In order to pass the test below your svd.jou journal file must assign the RMS value to an IDL variable 'rms'.

My working journal file svd.jou is ready for uploading Locate and upload your svd.jou file: Credits: 5/-5 OK

Use any remaining time for example to play with the X-widget interface, either with this weeks interface, or the one from last week.

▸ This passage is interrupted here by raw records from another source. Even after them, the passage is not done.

-- ===== src/Tasks/Lifecycle/Retrying.antt =====
-- The retry schedule of pkg/tasks/core.go: `handleTaskFailure` and `failTaskToRetry`.
use moab.Base.{
  ℕ, zero, suc, ◌-◌, ◌^◌, ◌≡◌, ◌⊎◌, ◌≤◌, ◌<◌, refl, ◌∙◌, List, [], ◌∷◌, some, ok, arith, Bool-cases,
  inl, inr, true, false, length, get_elem?, ltb, In,
}
use moab.Base.Word.{add64, sub64, sub32, slt32, slt32-ltb}
use moab.Tasks.Types.{TaskState, Task, RetryStrategy}
use moab.Tasks.Monad.{Stores, Db, queue_of, item}
use moab.Tasks.Access.{counters_of}
use moab.Tasks.Lifecycle.{after_seconds, backoff, is_exhausted}

get_elem?-In :
    {A : Type 0} (xs : List A) (i : ℕ)
    → i < length xs
    → (a : A) × (get_elem? xs i ≡ some a) × In a xs
get_elem?-In [] i h = absurd (omega arith)
get_elem?-In (x ∷ xs) zero h = (x, refl, inl refl)
get_elem?-In (x ∷ xs) (suc i) h =
    let (a, e, member) = get_elem?-In xs i (omega arith) in (a, e, inr member)

sub32_lem : (n : ℕ) → 0 < n → n < 2 ^ 32 → sub32 n 1 ≡ n - 1
unfolding sub32
sub32_lem n pos small = omega arith

-- The element that `Attempts-1` selects.
select_lem :
    (xs : List ℕ) (attempts : ℕ)
    → 0 < attempts
    → attempts < 2 ^ 31
    → attempts ≤ length xs
    → (a : ℕ) × (get_elem? xs (sub32 attempts 1) ≡ some a) × In a xs
select_lem xs attempts pos small room =
    rw (sub32_lem attempts pos (omega arith)) (get_elem?-In xs (attempts - 1) (omega arith))

module _ ⦃S : Stores⦄ where
  backoff_lem :
      (task : Task) (s : RetryStrategy) (interval : ℕ) (db : Db)
      → task.retry_strategy ≡ some s
      → get_elem? s.retry_intervals_in_seconds (sub32 task.attempts 1) ≡ some interval
      → backoff task db ≡ ok (interval, db)
  unfolding backoff
  backoff_lem task s interval db has read = ground arith

  exhausted_lem :
      (task : Task) (s : RetryStrategy)
      → task.retry_strategy ≡ some s
      → is_exhausted task ≡ slt32 (length s.retry_intervals_in_seconds) task.attempts
  unfolding is_exhausted
  exhausted_lem task s has = ground arith

  -- For a task with a retry strategy of fewer than 2 ^ 31 intervals and an attempt count from 1
  -- to below 2 ^ 31: either the attempts are more than the intervals, and the task is exhausted;
  -- or they are not, the task is not exhausted, and reading the interval of the attempt
  -- succeeds, gives one of the intervals, and writes nothing.
  pub retry_schedule :
      (task : Task) (s : RetryStrategy) (db : Db)
      → task.retry_strategy ≡ some s
      → length s.retry_intervals_in_seconds < 2 ^ 31
      → 0 < task.attempts
      → task.attempts < 2 ^ 31
      → ((length s.retry_intervals_in_seconds < task.attempts) × (is_exhausted task ≡ true))
        ⊎ ((task.attempts ≤ length s.retry_intervals_in_seconds)
            × (is_exhausted task ≡ false)
            × (interval : ℕ) × (backoff task db ≡ ok (interval, db))
            × In interval s.retry_intervals_in_seconds)
  retry_schedule task s db has few started small =
      let n : ℕ = length s.retry_intervals_in_seconds in
      let order = slt32-ltb n task.attempts few small in
      elim (Bool-cases (ltb n task.attempts)) [
        | inl over ↦ inl (ground arith, exhausted_lem task s has ∙ order ∙ over)
        | inr room ↦
            let (interval, read, member) =
              select_lem s.retry_intervals_in_seconds task.attempts started small (ground arith) in
            inr (
              ground arith,
              exhausted_lem task s has ∙ order ∙ room,
              interval,
              backoff_lem task s interval db has read,
              member,
            )
      ]

  -- A task that waits for another attempt.
  pub record IsRetried (task : Task) (now interval : ℕ) (before after : Db) : Type 0 where
    pub stored :
        S.tasks.get after.tasks task.id
        ≡ some (record task {
          state = TaskState.enqueued;
          scheduled_at = after_seconds now interval;
          last_failed_at = now;
          visible_at = 0;
        })
    pub queued :
        S.queue_index.has after.queue_index
          (queue_of task.id)
          (item (after_seconds now interval) task.id.task_id)
        ≡ true
    pub idle :
        S.in_progress_index.has after.in_progress_index
          (queue_of task.id)
          (item task.visible_at task.id.task_id)
        ≡ false
    pub expires : S.expiration.has after.expiration tt (item task.expires_at task.id) ≡ true
    pub counted :
        counters_of after (queue_of task.id) ≡ record (counters_of before (queue_of task.id)) {
          enqueued_tasks_count =
              add64 (counters_of before (queue_of task.id)).enqueued_tasks_count 1;
          in_progress_tasks_count =
              sub64 (counters_of before (queue_of task.id)).in_progress_tasks_count 1;
        }

  -- The contents once the lease is off the in-progress index.
  abbrev off_lease : Task → Db → Db
  off_lease task db = record db {
    in_progress_index =
        S.in_progress_index.remove db.in_progress_index (queue_of task.id)
          (item task.visible_at task.id.task_id);
  }

  abbrev retried_db : Task → ℕ → ℕ → Db → Db
  retried_db task now interval db = record (off_lease task db) {
    tasks = S.tasks.set db.tasks task.id (record task {
      state = TaskState.enqueued;
      scheduled_at = after_seconds now interval;
      last_failed_at = now;
      visible_at = 0;
    });
    expiration = S.expiration.add db.expiration tt (item task.expires_at task.id);
    queue_index =
        S.queue_index.add db.queue_index (queue_of task.id)
          (item (after_seconds now interval) task.id.task_id);
    counters =
        S.counters.set db.counters (queue_of task.id) (record (counters_of db (queue_of task.id)) {
          in_progress_tasks_count =
              sub64 (counters_of db (queue_of task.id)).in_progress_tasks_count 1;
          enqueued_tasks_count = add64 (counters_of db (queue_of task.id)).enqueued_tasks_count 1;
        });
  }
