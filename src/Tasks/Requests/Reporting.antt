-- ===== src/Tasks/Requests/Reporting.antt =====
-- `ReportStatus` of pkg/tasks/core.go: only the worker that holds the lease of a task moves it.
use moab.Base.{ℕ, ◌≡◌, ◌≢◌, ◌<◌, sym, ap, subst, ◌∙◌, Option, none, some, ok, arith, true}
use moab.Base.Word.{mod32, add32}
use moab.Tasks.Types.{
  QueueId, Task, DeadLetterQueueConfig, Status, ReportStatusRequestEntry, ReportResult,
  is_in_progress,
}
use moab.Tasks.Monad.{Stores, Db, >>=-eq-ok}
use moab.Tasks.Access.{
  tasks_find, queue_index_delete, expiration_remove, tasks_set, in_progress_index_add,
}
use moab.Tasks.Lifecycle.{delete_task, DeletionReason}
use moab.Tasks.Lifecycle.Deleting.{delete_task-IsDeleted}
use moab.Tasks.Dequeue.{lease_task}
use moab.Tasks.Dequeue.Pass.{leased}
use moab.Tasks.Requests.{apply_status, report_found, report_entry}

module _ ⦃S : Stores⦄ where
  -- The report is from the holder of the lease.
  pub record IsHeld (e : ReportStatusRequestEntry) (task : Task) (db : Db) : Type 0 where
    pub found : S.tasks.get db.tasks e.task_id ≡ some task
    pub working : is_in_progress task.state ≡ true
    pub current : task.attempts ≡ e.attempt
    pub meant : e.status ≢ Status.invalid

  report_gone :
      (now : ℕ) (config : Option DeadLetterQueueConfig) (e : ReportStatusRequestEntry) (db : Db)
      → S.tasks.get db.tasks e.task_id ≡ none
      → report_entry now config e db ≡ ok (ReportResult.not_found, db)
  unfolding report_entry tasks_find report_found
  report_gone now config e db gone = ground (arith, gone)

  report_stale :
      (now : ℕ) (config : Option DeadLetterQueueConfig) (e : ReportStatusRequestEntry) (task : Task)
      (db : Db)
      → S.tasks.get db.tasks e.task_id ≡ some task
      → is_in_progress task.state ≡ true
      → task.attempts ≢ e.attempt
      → report_entry now config e db ≡ ok (ReportResult.stale_attempt, db)
  unfolding report_entry tasks_find report_found
  report_stale now config e task db found working stale = ground (arith, found, working)

  report_applied :
      (now : ℕ) (config : Option DeadLetterQueueConfig) (e : ReportStatusRequestEntry) (task : Task)
      (db after : Db)
      → S.tasks.get db.tasks e.task_id ≡ some task
      → report_entry now config e db ≡ ok (ReportResult.ok, after)
      → apply_status e.status task now e.keepalive_timeout_in_seconds config db
        ≡ ok (ReportResult.ok, after)
  unfolding report_entry tasks_find report_found
  report_applied now config e task db after found h = ground (arith, found, h)

  leased_lem :
      (q : QueueId) (now keepalive : ℕ) (task : Task) (db : Db) {t : Task} {after : Db}
      → lease_task q now keepalive task db ≡ ok (t, after)
      → (S.tasks.get after.tasks task.id ≡ some t)
        × (is_in_progress t.state ≡ true)
        × (t.attempts ≡ add32 task.attempts 1)
  unfolding lease_task queue_index_delete expiration_remove tasks_set in_progress_index_add
  leased_lem q now keepalive task db e =
      ground (arith, S.tasks.get-set_self db.tasks task.id (leased now keepalive task))

  -- If a task has been handed out from `db`, leaving `after`, then a report on that task that
  -- names the attempt count it had before is answered with `stale_attempt` in `after` and writes
  -- nothing. The attempt count before is below 2 ^ 32.
  pub report_entry_stale :
      (q : QueueId) (now keepalive later : ℕ) (config : Option DeadLetterQueueConfig)
      (e : ReportStatusRequestEntry) (task t : Task) (db after : Db)
      → lease_task q now keepalive task db ≡ ok (t, after)
      → e.task_id ≡ task.id
      → e.attempt ≡ task.attempts
      → task.attempts < mod32
      → report_entry later config e after ≡ ok (ReportResult.stale_attempt, after)
  unfolding add32
  report_entry_stale q now keepalive later config e task t db after given same before small =
      let (found, working, next) = leased_lem q now keepalive task db given in
      report_stale later config e t after (ap (S.tasks.get after.tasks) same ∙ found) working
        (λ eq. absurd (ground (arith, next, eq, before)))

  succeeded_lem :
      (status : Status) (task : Task) (now keepalive : ℕ) (config : Option DeadLetterQueueConfig)
      (db : Db) {after : Db}
      → status ≡ Status.succeeded
      → apply_status status task now keepalive config db ≡ ok (ReportResult.ok, after)
      → delete_task task DeletionReason.succeeded db ≡ ok (tt, after)
  unfolding apply_status
  succeeded_lem Status.succeeded task now keepalive config db {after} same e =
      let (_, mid, deleted, rest) = >>=-eq-ok (delete_task task DeletionReason.succeeded) _ db e in
      subst (λ d. delete_task task DeletionReason.succeeded db ≡ ok (tt, d)) (ground (arith, rest))
        deleted
  succeeded_lem Status.invalid task now keepalive config db same e = absurd (ground arith)
  succeeded_lem Status.in_progress task now keepalive config db same e = absurd (ground arith)
  succeeded_lem Status.failed task now keepalive config db same e = absurd (ground arith)

  -- Where the row that a report finds has the id that it is stored under, and the report says
  -- that the task has succeeded and is applied, any later report on that id is answered with
  -- `not_found` and writes nothing.
  pub report_entry_once :
      (now later : ℕ) (config config' : Option DeadLetterQueueConfig)
      (e e' : ReportStatusRequestEntry) (task : Task) (db after : Db)
      → S.tasks.get db.tasks e.task_id ≡ some task
      → task.id ≡ e.task_id
      → e.status ≡ Status.succeeded
      → e'.task_id ≡ e.task_id
      → report_entry now config e db ≡ ok (ReportResult.ok, after)
      → report_entry later config' e' after ≡ ok (ReportResult.not_found, after)
  report_entry_once now later config config' e e' task db after found key succeeded same h =
      let applied = report_applied now config e task db after found h in
      let deleted =
        succeeded_lem e.status task now e.keepalive_timeout_in_seconds config db succeeded
          applied in
      let gone = (delete_task-IsDeleted task DeletionReason.succeeded db deleted).gone in
      report_gone later config' e' after (ap (S.tasks.get after.tasks) (same ∙ sym key) ∙ gone)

Spend at least one hour this week reading the chapter about Linear Algebra in Numerical Recipes; understanding what goes on in this exercise is non-trivial! Details about what to read are given in the Lecture Notes.

If you did not have enough time to play with IDL last week, or during the exercise hours, then do it in your home work time. The X-widget interface this week is similar to the one last week; in fact if you would like to experiment with modifications of the X-widgets, you can pick either one of the two exercises.

If you want to prepare for the next Lecture, then check out the Chapter in Numerical Recipes about Ordinary Differential Equations.